**YOUR GOAL**
Of all the lines below, return only those starting with the line holding "-- exception." and going on through the line holding "Ensures-and_then R S P Q (returns", exactly as written.

(Collected data)
####################

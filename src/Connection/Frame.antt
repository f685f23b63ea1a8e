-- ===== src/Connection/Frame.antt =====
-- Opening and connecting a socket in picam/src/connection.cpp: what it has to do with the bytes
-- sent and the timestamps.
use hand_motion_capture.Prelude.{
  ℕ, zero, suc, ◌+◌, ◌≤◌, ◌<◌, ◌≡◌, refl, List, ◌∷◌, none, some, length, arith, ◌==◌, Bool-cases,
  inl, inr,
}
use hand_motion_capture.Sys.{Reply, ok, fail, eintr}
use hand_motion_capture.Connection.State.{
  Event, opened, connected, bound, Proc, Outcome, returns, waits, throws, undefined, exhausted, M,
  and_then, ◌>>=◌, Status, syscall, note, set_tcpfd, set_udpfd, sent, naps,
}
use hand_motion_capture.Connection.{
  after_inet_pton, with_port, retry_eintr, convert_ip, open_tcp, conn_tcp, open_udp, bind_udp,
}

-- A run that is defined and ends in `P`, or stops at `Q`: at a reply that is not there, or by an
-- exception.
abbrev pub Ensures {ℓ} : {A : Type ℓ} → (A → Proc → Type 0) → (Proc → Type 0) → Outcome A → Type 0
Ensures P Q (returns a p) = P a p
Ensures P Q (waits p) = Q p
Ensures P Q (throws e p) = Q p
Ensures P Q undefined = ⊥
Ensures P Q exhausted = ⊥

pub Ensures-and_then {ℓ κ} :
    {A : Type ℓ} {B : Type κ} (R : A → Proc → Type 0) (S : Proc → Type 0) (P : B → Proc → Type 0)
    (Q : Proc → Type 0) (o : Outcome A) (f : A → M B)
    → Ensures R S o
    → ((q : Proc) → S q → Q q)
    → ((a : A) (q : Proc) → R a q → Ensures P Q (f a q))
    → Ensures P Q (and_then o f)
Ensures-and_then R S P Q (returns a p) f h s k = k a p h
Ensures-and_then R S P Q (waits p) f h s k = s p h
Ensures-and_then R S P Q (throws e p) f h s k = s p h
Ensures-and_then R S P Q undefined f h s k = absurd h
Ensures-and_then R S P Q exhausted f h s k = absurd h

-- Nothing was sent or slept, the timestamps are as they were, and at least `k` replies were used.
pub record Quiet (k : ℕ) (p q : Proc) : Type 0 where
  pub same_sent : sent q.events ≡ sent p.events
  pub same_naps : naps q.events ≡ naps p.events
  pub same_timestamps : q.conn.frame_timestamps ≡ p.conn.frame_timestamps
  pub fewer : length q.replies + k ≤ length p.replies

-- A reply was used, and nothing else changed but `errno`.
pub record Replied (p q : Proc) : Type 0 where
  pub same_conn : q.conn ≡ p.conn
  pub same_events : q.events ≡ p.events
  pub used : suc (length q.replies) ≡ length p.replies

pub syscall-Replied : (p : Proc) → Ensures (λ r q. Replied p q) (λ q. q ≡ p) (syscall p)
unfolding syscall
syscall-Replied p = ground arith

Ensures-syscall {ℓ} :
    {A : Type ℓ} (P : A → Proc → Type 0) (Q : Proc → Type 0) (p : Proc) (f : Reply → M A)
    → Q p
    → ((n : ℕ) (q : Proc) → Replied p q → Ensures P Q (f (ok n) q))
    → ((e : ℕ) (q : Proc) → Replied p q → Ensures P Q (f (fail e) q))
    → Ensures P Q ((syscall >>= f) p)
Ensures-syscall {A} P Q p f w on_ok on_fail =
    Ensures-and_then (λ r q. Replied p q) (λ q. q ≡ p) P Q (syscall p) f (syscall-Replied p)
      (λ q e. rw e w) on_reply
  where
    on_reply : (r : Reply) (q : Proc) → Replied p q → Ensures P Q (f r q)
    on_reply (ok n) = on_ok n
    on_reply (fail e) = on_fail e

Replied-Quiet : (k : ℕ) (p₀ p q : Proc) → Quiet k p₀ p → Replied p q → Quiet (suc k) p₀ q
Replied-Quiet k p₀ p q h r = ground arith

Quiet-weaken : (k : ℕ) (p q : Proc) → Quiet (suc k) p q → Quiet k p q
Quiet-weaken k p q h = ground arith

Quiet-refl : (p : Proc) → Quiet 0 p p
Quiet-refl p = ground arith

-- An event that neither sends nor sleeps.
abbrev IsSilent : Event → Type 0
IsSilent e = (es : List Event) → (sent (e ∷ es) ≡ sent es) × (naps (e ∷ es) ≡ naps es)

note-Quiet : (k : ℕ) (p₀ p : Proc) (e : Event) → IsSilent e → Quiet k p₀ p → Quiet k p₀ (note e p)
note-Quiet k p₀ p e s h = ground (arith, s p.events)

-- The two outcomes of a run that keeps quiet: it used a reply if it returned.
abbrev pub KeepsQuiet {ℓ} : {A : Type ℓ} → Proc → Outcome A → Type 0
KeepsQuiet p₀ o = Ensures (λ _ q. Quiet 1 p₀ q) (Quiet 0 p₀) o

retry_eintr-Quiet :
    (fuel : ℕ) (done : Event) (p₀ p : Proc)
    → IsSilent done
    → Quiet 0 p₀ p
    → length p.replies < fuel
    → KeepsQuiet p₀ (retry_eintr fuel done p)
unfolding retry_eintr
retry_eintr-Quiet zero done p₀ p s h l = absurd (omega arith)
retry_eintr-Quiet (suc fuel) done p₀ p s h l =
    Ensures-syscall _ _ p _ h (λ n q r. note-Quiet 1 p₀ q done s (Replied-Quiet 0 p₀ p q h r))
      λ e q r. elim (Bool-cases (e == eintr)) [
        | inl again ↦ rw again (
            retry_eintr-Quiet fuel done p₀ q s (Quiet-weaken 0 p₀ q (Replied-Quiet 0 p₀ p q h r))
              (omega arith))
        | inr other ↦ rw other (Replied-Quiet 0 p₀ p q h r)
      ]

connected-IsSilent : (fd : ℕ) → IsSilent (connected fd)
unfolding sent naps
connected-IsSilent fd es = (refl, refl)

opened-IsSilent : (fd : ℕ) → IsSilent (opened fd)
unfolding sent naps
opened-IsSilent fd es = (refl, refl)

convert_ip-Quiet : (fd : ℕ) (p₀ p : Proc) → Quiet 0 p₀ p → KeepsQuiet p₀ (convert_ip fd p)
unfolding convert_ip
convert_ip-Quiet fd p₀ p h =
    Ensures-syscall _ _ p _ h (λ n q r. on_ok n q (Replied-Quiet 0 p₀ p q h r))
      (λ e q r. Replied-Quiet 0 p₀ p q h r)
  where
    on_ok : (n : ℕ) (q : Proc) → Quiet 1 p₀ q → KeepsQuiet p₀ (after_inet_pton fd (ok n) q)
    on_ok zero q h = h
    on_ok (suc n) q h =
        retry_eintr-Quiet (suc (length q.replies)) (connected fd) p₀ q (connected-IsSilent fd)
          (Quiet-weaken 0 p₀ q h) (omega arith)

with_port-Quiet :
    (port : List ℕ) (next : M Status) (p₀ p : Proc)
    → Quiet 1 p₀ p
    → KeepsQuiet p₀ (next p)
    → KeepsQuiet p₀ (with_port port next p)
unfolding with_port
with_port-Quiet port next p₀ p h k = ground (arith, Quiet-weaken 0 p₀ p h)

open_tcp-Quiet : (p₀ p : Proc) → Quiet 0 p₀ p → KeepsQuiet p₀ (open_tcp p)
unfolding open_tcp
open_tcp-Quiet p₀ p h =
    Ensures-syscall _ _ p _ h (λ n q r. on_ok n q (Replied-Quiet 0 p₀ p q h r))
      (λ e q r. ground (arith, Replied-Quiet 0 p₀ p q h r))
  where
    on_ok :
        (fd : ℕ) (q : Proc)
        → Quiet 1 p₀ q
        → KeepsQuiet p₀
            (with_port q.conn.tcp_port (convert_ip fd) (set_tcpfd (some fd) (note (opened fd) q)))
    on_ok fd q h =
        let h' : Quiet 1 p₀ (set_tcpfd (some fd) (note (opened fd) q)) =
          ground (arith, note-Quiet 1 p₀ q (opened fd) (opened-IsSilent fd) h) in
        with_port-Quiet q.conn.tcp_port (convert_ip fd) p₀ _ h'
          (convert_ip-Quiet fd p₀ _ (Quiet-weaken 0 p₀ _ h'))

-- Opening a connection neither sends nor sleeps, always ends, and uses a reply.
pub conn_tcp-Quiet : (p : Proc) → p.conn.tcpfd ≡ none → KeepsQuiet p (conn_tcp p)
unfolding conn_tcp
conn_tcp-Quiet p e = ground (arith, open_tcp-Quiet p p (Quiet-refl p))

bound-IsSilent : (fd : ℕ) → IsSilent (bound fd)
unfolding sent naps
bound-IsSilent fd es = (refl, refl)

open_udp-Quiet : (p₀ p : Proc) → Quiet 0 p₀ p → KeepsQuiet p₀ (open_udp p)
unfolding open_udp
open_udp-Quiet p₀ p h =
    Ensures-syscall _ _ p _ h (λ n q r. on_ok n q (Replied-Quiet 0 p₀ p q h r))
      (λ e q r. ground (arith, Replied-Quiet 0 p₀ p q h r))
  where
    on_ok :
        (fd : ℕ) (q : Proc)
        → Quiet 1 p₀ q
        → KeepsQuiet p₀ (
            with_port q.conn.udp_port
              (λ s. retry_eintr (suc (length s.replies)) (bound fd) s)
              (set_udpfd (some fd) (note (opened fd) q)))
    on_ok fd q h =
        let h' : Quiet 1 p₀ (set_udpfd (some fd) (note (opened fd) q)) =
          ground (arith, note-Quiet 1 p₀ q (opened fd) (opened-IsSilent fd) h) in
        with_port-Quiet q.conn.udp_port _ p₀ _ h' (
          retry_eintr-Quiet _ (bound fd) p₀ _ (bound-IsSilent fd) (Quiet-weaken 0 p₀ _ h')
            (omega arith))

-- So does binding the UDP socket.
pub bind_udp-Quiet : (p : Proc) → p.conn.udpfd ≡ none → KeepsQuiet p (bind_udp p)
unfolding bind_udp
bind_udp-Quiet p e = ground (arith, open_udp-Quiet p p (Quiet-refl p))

####################

**SOLUTION TO THIS EXERCISE**
-- exception.
abbrev pub Ensures {ℓ} : {A : Type ℓ} → (A → Proc → Type 0) → (Proc → Type 0) → Outcome A → Type 0
Ensures P Q (returns a p) = P a p
Ensures P Q (waits p) = Q p
Ensures P Q (throws e p) = Q p
Ensures P Q undefined = ⊥
Ensures P Q exhausted = ⊥

pub Ensures-and_then {ℓ κ} :
    {A : Type ℓ} {B : Type κ} (R : A → Proc → Type 0) (S : Proc → Type 0) (P : B → Proc → Type 0)
    (Q : Proc → Type 0) (o : Outcome A) (f : A → M B)
    → Ensures R S o
    → ((q : Proc) → S q → Q q)
    → ((a : A) (q : Proc) → R a q → Ensures P Q (f a q))
    → Ensures P Q (and_then o f)
Ensures-and_then R S P Q (returns a p) f h s k = k a p h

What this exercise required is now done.